DATA SUPPLIED:

○ ○ ○ ○

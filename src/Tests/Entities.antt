-- ===== src/Tests/Entities.antt =====
-- A message, an entity, and the theorems on them at concrete inputs.
use haste.Prelude.{
  ℕ, zero, suc, ◌≡◌, refl, length, arith, Bool, true, false, List, [], ◌∷◌, Option, none, some,
}
use haste.Prelude.Int.{pos}
use haste.Outcome.{ok}
use haste.BitReader.{BitReader, num_bits_left, read_bool}
use haste.FieldPath.{FieldPath, default, inc_at, inc_last}
use haste.FieldPath.Paths.{read_field_paths, read_loop}
use haste.FieldPath.Huffman.{build_hierarchy}
use haste.FieldPath.Flat.{build_flat_tree}
use haste.Machine.{add_i32}
use haste.FieldPath.Huffman.{merge_all, leaves_from, pop_node}
use haste.FieldPath.Flat.{flatten_branch, flatten_child}
use haste.FieldPath.Ops.{plus_one, field_path_encode_finish}
use haste.FxHash.{hash_bytes, add_u64_to_hash}
use haste.Vartype.{new_span}
use haste.Vartype.Tokenizer.{next_token, emit_word}
use haste.Vartype.Parser.{parse, parse_loop}
use haste.Maps.{lookup, insert, nat_key, int_key}
use haste.FieldDecoder.{bool_decoder}
use haste.FieldMetadata.{bytes, FieldProperties, get_field_metadata}
use haste.FlattenedSerializers.{
  ProtoField, Message, FlattenedSerializer, flattened_serializer, flattened_field, one_field,
  no_fields, no_serializer, SerializerMap, new_field, parse as parse_container,
}
use haste.Tests.BitList.{take_bit, number_floats}
use haste.Tests.Cursor.{cursor}
use haste.Tests.Counted.{counted-Documented, counted-Positions}
use haste.Tests.BitList.{ReadError}
use haste.FxHash.{fkey_from_path}
use haste.FlattenedSerializers.{
  by_name_hash, send_node_hash, serializer_name, field_serializer, get_child,
}
use haste.FlattenedSerializers.Keys.{
  path_of, key-fkey_from_path, join_dots, send_node_hash-join_dots,
}
use haste.FlattenedSerializers.Names.{serializer_name-by_name_hash}
use haste.Entities.{find_field}
use haste.Entities.FixedArrays.{find_field-fixed_array}
use haste.FlattenedSerializers.Reach.{SerializerFits, parse-SerializerFits}
use haste.FieldMetadata.{fixed_array}
use haste.FieldValue.{boolean}
use haste.FieldDecoder.{FieldDecodeContext, default_context, decode}
use haste.Settles.{Settles}
use haste.Maps.{lookup-empty}
use haste.Entities.{Entity, Parsing, ◌>>=◌, pure, parse as parse_entity, skip_entity_fields}
use haste.Entities.Tracking.{
  handle_update-handle_create_with_filter, handle_create_with_filter-all,
  handle_update-handle_delete,
}
use haste.Entities.Reached.{skip_entity_fields-parsed_serializer}
use haste.Entities.Settled.{Kept, parse-Kept}
use haste.Entities.Container.{
  Known, State, EntityContainer, new_container, handle_create, handle_create_with_filter,
  handle_update, handle_delete,
}
use haste.Entities.Events.{Sound, run_all, create, update, delete}
use haste.Entities.Soundness.{run_all-Sound}
use haste.Tests.Counted.{counted}

abbrev packet : List Bool → BitReader (counted true)
packet bits = record { inner = (0, bits); did_check_overflow = false }

abbrev slots : List FieldPath
slots = default ∷ []

abbrev first_path : FieldPath
first_path = record { components = 0 ∷ 0 ∷ 0 ∷ 0 ∷ 0 ∷ 0 ∷ 0 ∷ []; last = 0; finished = false }

abbrev append_bits : ℕ → List Bool → List Bool
append_bits zero bits = bits
append_bits (suc n) bits = false ∷ append_bits n bits

-- Plus one, the end, and one bit.
abbrev whole : BitReader (counted true)
whole = packet (false ∷ true ∷ false ∷ true ∷ [])

abbrev behind_paths : BitReader (counted true)
behind_paths = record { inner = (3, true ∷ []); did_check_overflow = false }

abbrev behind : BitReader (counted true)
behind = record { inner = (4, []); did_check_overflow = false }

one_path : read_field_paths {p = counted true} slots whole ≡ ok ((1, first_path ∷ []), behind_paths)
unfolding read_field_paths build_flat_tree build_hierarchy read_loop read_bool take_bit merge_all
    leaves_from pop_node flatten_branch flatten_child plus_one inc_last inc_at add_i32
    field_path_encode_finish
one_path = refl

-- One class, with one field.
abbrev proto : ProtoField number_floats
proto = record {
  var_type_sym = some (pos 0);
  var_name_sym = some (pos 1);
  bit_count = none;
  low_value = none;
  high_value = none;
  encode_flags = none;
  field_serializer_name_sym = none;
  send_node_sym = some (pos 3);
  var_encoder_sym = none;
}

abbrev message : Message number_floats
message = record {
  symbols = bytes "bool" ∷ bytes "m_b" ∷ bytes "C" ∷ bytes "a.b" ∷ [];
  fields = proto ∷ [];
  serializers = record { serializer_name_sym = some (pos 2); fields_index = pos 0 ∷ [] } ∷ [];
}

abbrev made : FieldProperties number_floats
made = record {
  var_type = hash_bytes (bytes "bool");
  var_name = hash_bytes (bytes "m_b");
  bit_count = none;
  low_value = none;
  high_value = none;
  encode_flags = none;
  field_serializer_name = none;
  send_node = some (add_u64_to_hash (hash_bytes (bytes "a")) (hash_bytes (bytes "b")));
  var_encoder = none;
  metadata = record { special_descriptor = none; decoder = bool_decoder };
  key =
      add_u64_to_hash (add_u64_to_hash (hash_bytes (bytes "a")) (hash_bytes (bytes "b")))
        (hash_bytes (bytes "m_b"));
}

abbrev class : FlattenedSerializer number_floats
class =
    flattened_serializer (hash_bytes (bytes "C"))
      (one_field (flattened_field made no_serializer) no_fields)

abbrev serializers : SerializerMap number_floats
serializers = (hash_bytes (bytes "C"), class) ∷ []

parsed_field : new_field cursor true message proto ≡ ok made
unfolding new_field parse hash_bytes add_u64_to_hash get_field_metadata next_token emit_word
    new_span parse_loop
parsed_field = refl

parsed : parse_container cursor true message ≡ ok serializers
unfolding parse_container parse hash_bytes add_u64_to_hash lookup insert get_field_metadata
    next_token emit_word new_span parse_loop
parsed = refl

named_in_map : lookup (hash_bytes (bytes "C")) serializers ≡ some class
unfolding lookup hash_bytes add_u64_to_hash
named_in_map = refl

named : by_name_hash serializers (hash_bytes (bytes "C")) ≡ some class
unfolding by_name_hash lookup hash_bytes add_u64_to_hash
named = refl

key-fkey_from_path_example :
    fkey_from_path {E = Unit {0}} (path_of (some (bytes "a.b")) (bytes "m_b")) ≡ ok made.key
key-fkey_from_path_example =
    key-fkey_from_path cursor true message proto (bytes "m_b") refl parsed_field

send_node_hash-join_dots_example :
    fkey_from_path {E = Unit {0}} (bytes "sky" ∷ bytes "fog" ∷ [])
    ≡ ok (send_node_hash (join_dots (bytes "sky") (bytes "fog" ∷ [])))
send_node_hash-join_dots_example =
    send_node_hash-join_dots (bytes "sky") (bytes "fog" ∷ []) (refl, (refl, (refl, tt)))
      ((refl, (refl, (refl, tt))), tt)

serializer_name-by_name_hash_example : serializer_name class ≡ hash_bytes (bytes "C")
serializer_name-by_name_hash_example =
    serializer_name-by_name_hash cursor true message serializers (hash_bytes (bytes "C")) class
      parsed named

abbrev fixed : FieldProperties number_floats
fixed = record made {
  field_serializer_name = some (hash_bytes (bytes "C"));
  metadata = record { special_descriptor = some (fixed_array 4); decoder = bool_decoder };
}

abbrev outer : FlattenedSerializer number_floats
outer =
    flattened_serializer 0
      (one_field (flattened_field fixed (field_serializer serializers fixed)) no_fields)

first_of_outer :
    get_child outer 0 ≡ some (flattened_field fixed (field_serializer serializers fixed))
unfolding get_child
first_of_outer = refl

first_of_class : get_child class 0 ≡ some (flattened_field made no_serializer)
unfolding get_child
first_of_class = refl

-- The field 0 of the element 2 of the array.
abbrev array_path : FieldPath
array_path = record { components = 0 ∷ 2 ∷ 0 ∷ 0 ∷ 0 ∷ 0 ∷ 0 ∷ []; last = 2; finished = false }

find_field-fixed_array_example :
    find_field {p = counted true} outer array_path
    ≡ ok (
      flattened_field made no_serializer,
      add_u64_to_hash (add_u64_to_hash fixed.key (add_u64_to_hash 0 2)) (add_u64_to_hash 0 0),
    )
find_field-fixed_array_example =
    find_field-fixed_array outer class serializers fixed array_path 4 0 2 0 (hash_bytes (bytes "C"))
      (flattened_field made no_serializer) refl refl named_in_map first_of_outer first_of_class
      (omega arith) refl refl refl refl

parse-SerializerFits_example : SerializerFits class
parse-SerializerFits_example =
    parse-SerializerFits cursor message serializers (hash_bytes (bytes "C")) class (tt, tt) parsed
      named

abbrev pub context : FieldDecodeContext number_floats
context = default_context number_floats

abbrev fresh : Entity number_floats
fresh = record { index = pos 7; fields = []; serializer = class }

abbrev with_field : Entity number_floats
with_field = record fresh { fields = (made.key, boolean true) ∷ [] }

parsed_entity :
    parse_entity {p = counted true} slots (fresh, context) whole
    ≡ ok (((with_field, context), first_path ∷ []), behind)
unfolding read_field_paths build_flat_tree build_hierarchy read_loop read_bool take_bit merge_all
    leaves_from pop_node flatten_branch flatten_child plus_one inc_last inc_at add_i32
    field_path_encode_finish parse_entity insert decode get_child
parsed_entity = refl

skip_entity_fields-parsed_serializer_example :
    skip_entity_fields {p = counted true} class slots whole ≡ ok (first_path ∷ [], behind)
skip_entity_fields-parsed_serializer_example =
    skip_entity_fields-parsed_serializer (counted-Documented true) (counted-Positions true) refl
      cursor message serializers (hash_bytes (bytes "C")) slots (fresh, context) whole (tt, tt)
      parsed named refl (omega arith) parsed_entity

parse-Kept_example :
    Settles
      (λ (r : (Parsing (counted true) × List FieldPath) × BitReader (counted true)).
        Kept (fresh, context) r.0.0 × (length r.0.1 ≡ length slots))
      (parse_entity slots (fresh, context) whole)
parse-Kept_example =
    parse-Kept (counted-Documented true) (counted-Positions true) refl slots (fresh, context) whole
      refl

abbrev pub known : Known number_floats
known = record {
  entity_classes = record { classes = 1; bits = 0; class_infos = hash_bytes (bytes "C") ∷ [] };
  instance_baseline = some (1 ∷ []) ∷ [];
  serializers = serializers;
}

pub start-Sound : Sound (new_container number_floats, context)
start-Sound = record { indexed = λ i e h. absurd (lookup-empty i h); clean = refl; paths = refl }

run_all-Sound_example :
    Settles
      (λ (r : State (counted true) × BitReader (counted true)). Sound r.0)
      (run_all
        (create (pos 7) known ∷ update (pos 7) ∷ delete (pos 7) ∷ [])
        (new_container number_floats, context)
        whole)
run_all-Sound_example =
    run_all-Sound (counted-Documented true) (counted-Positions true) refl
      (create (pos 7) known ∷ update (pos 7) ∷ delete (pos 7) ∷ [])
      (new_container number_floats, context) whole start-Sound

-- The class, the serial number, the varint, and no path.
abbrev creation : BitReader (counted true)
creation = packet (append_bits 25 (true ∷ false ∷ []))

abbrev end_of_creation : BitReader (counted true)
end_of_creation = record { inner = (27, []); did_check_overflow = false }

abbrev stale : EntityContainer number_floats
stale = record {
  entities = [];
  baseline_entities = [];
  skipped_serializers = (pos 7, class) ∷ [];
  field_paths = slots;
}

abbrev tracked : EntityContainer number_floats
tracked = record stale { entities = (pos 7, fresh) ∷ []; baseline_entities = (pos 0, fresh) ∷ [] }

created :
    handle_create_with_filter {p = counted true}
      (pos 7)
      known
      (λ hash. true)
      (stale, context)
      creation
    ≡ ok ((some (pos 7), (tracked, context)), end_of_creation)
unfolding read_field_paths build_flat_tree build_hierarchy read_loop read_bool take_bit merge_all
    leaves_from pop_node flatten_branch flatten_child field_path_encode_finish
    handle_create_with_filter parse_entity insert lookup haste.BitReader.read_ubit64
    haste.Tests.BitList.take_bits haste.Entities.Container.class_by_id by_name_hash hash_bytes
    add_u64_to_hash haste.BitReader.new haste.Entities.Container.baseline_by_id
    haste.BitReader.is_overflowed
created = refl

abbrev second : BitReader (counted true)
second = packet (true ∷ false ∷ [])

skipped :
    handle_update {p = counted true} (pos 7) (tracked, context) second
    ≡ ok ((none, (tracked, context)), record { inner = (2, []); did_check_overflow = false })
unfolding read_field_paths build_flat_tree build_hierarchy read_loop read_bool take_bit merge_all
    leaves_from pop_node flatten_branch flatten_child field_path_encode_finish handle_update
    skip_entity_fields lookup
skipped = refl

handle_update-handle_create_with_filter_example :
    (◌≡◌ {A = Option (Entity number_floats)} none none) × (tracked.entities ≡ tracked.entities)
handle_update-handle_create_with_filter_example =
    handle_update-handle_create_with_filter (pos 7) known (λ hash. true) (stale, context) creation
      second class (unfold lookup in refl) created skipped

handle_create_with_filter-all_example :
    handle_create_with_filter {p = counted true}
      (pos 7)
      known
      (λ hash. true)
      (stale, context)
      creation
    ≡ (handle_create (pos 7) known (stale, context) >>= λ r. pure (some r.0, r.1)) creation
handle_create_with_filter-all_example =
    handle_create_with_filter-all (pos 7) known (λ hash. true) (stale, context) creation
      (λ hash. refl)

handle_update-handle_delete_example :
    handle_update {p = counted true} (pos 7) ((handle_delete (pos 7) tracked).1, context) second
    ≡ ok ((none, ((handle_delete (pos 7) tracked).1, context)), second)
handle_update-handle_delete_example = handle_update-handle_delete (pos 7) (tracked, context) second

○ ○ ○ ○

TASK DETAILS:
All lines with the word "Vartype" are needed; pull them from the entries and copy each.

ANSWER TO THIS TASK:
use haste.Vartype.{new_span}
use haste.Vartype.Tokenizer.{next_token, emit_word}
use haste.Vartype.Parser.{parse, parse_loop}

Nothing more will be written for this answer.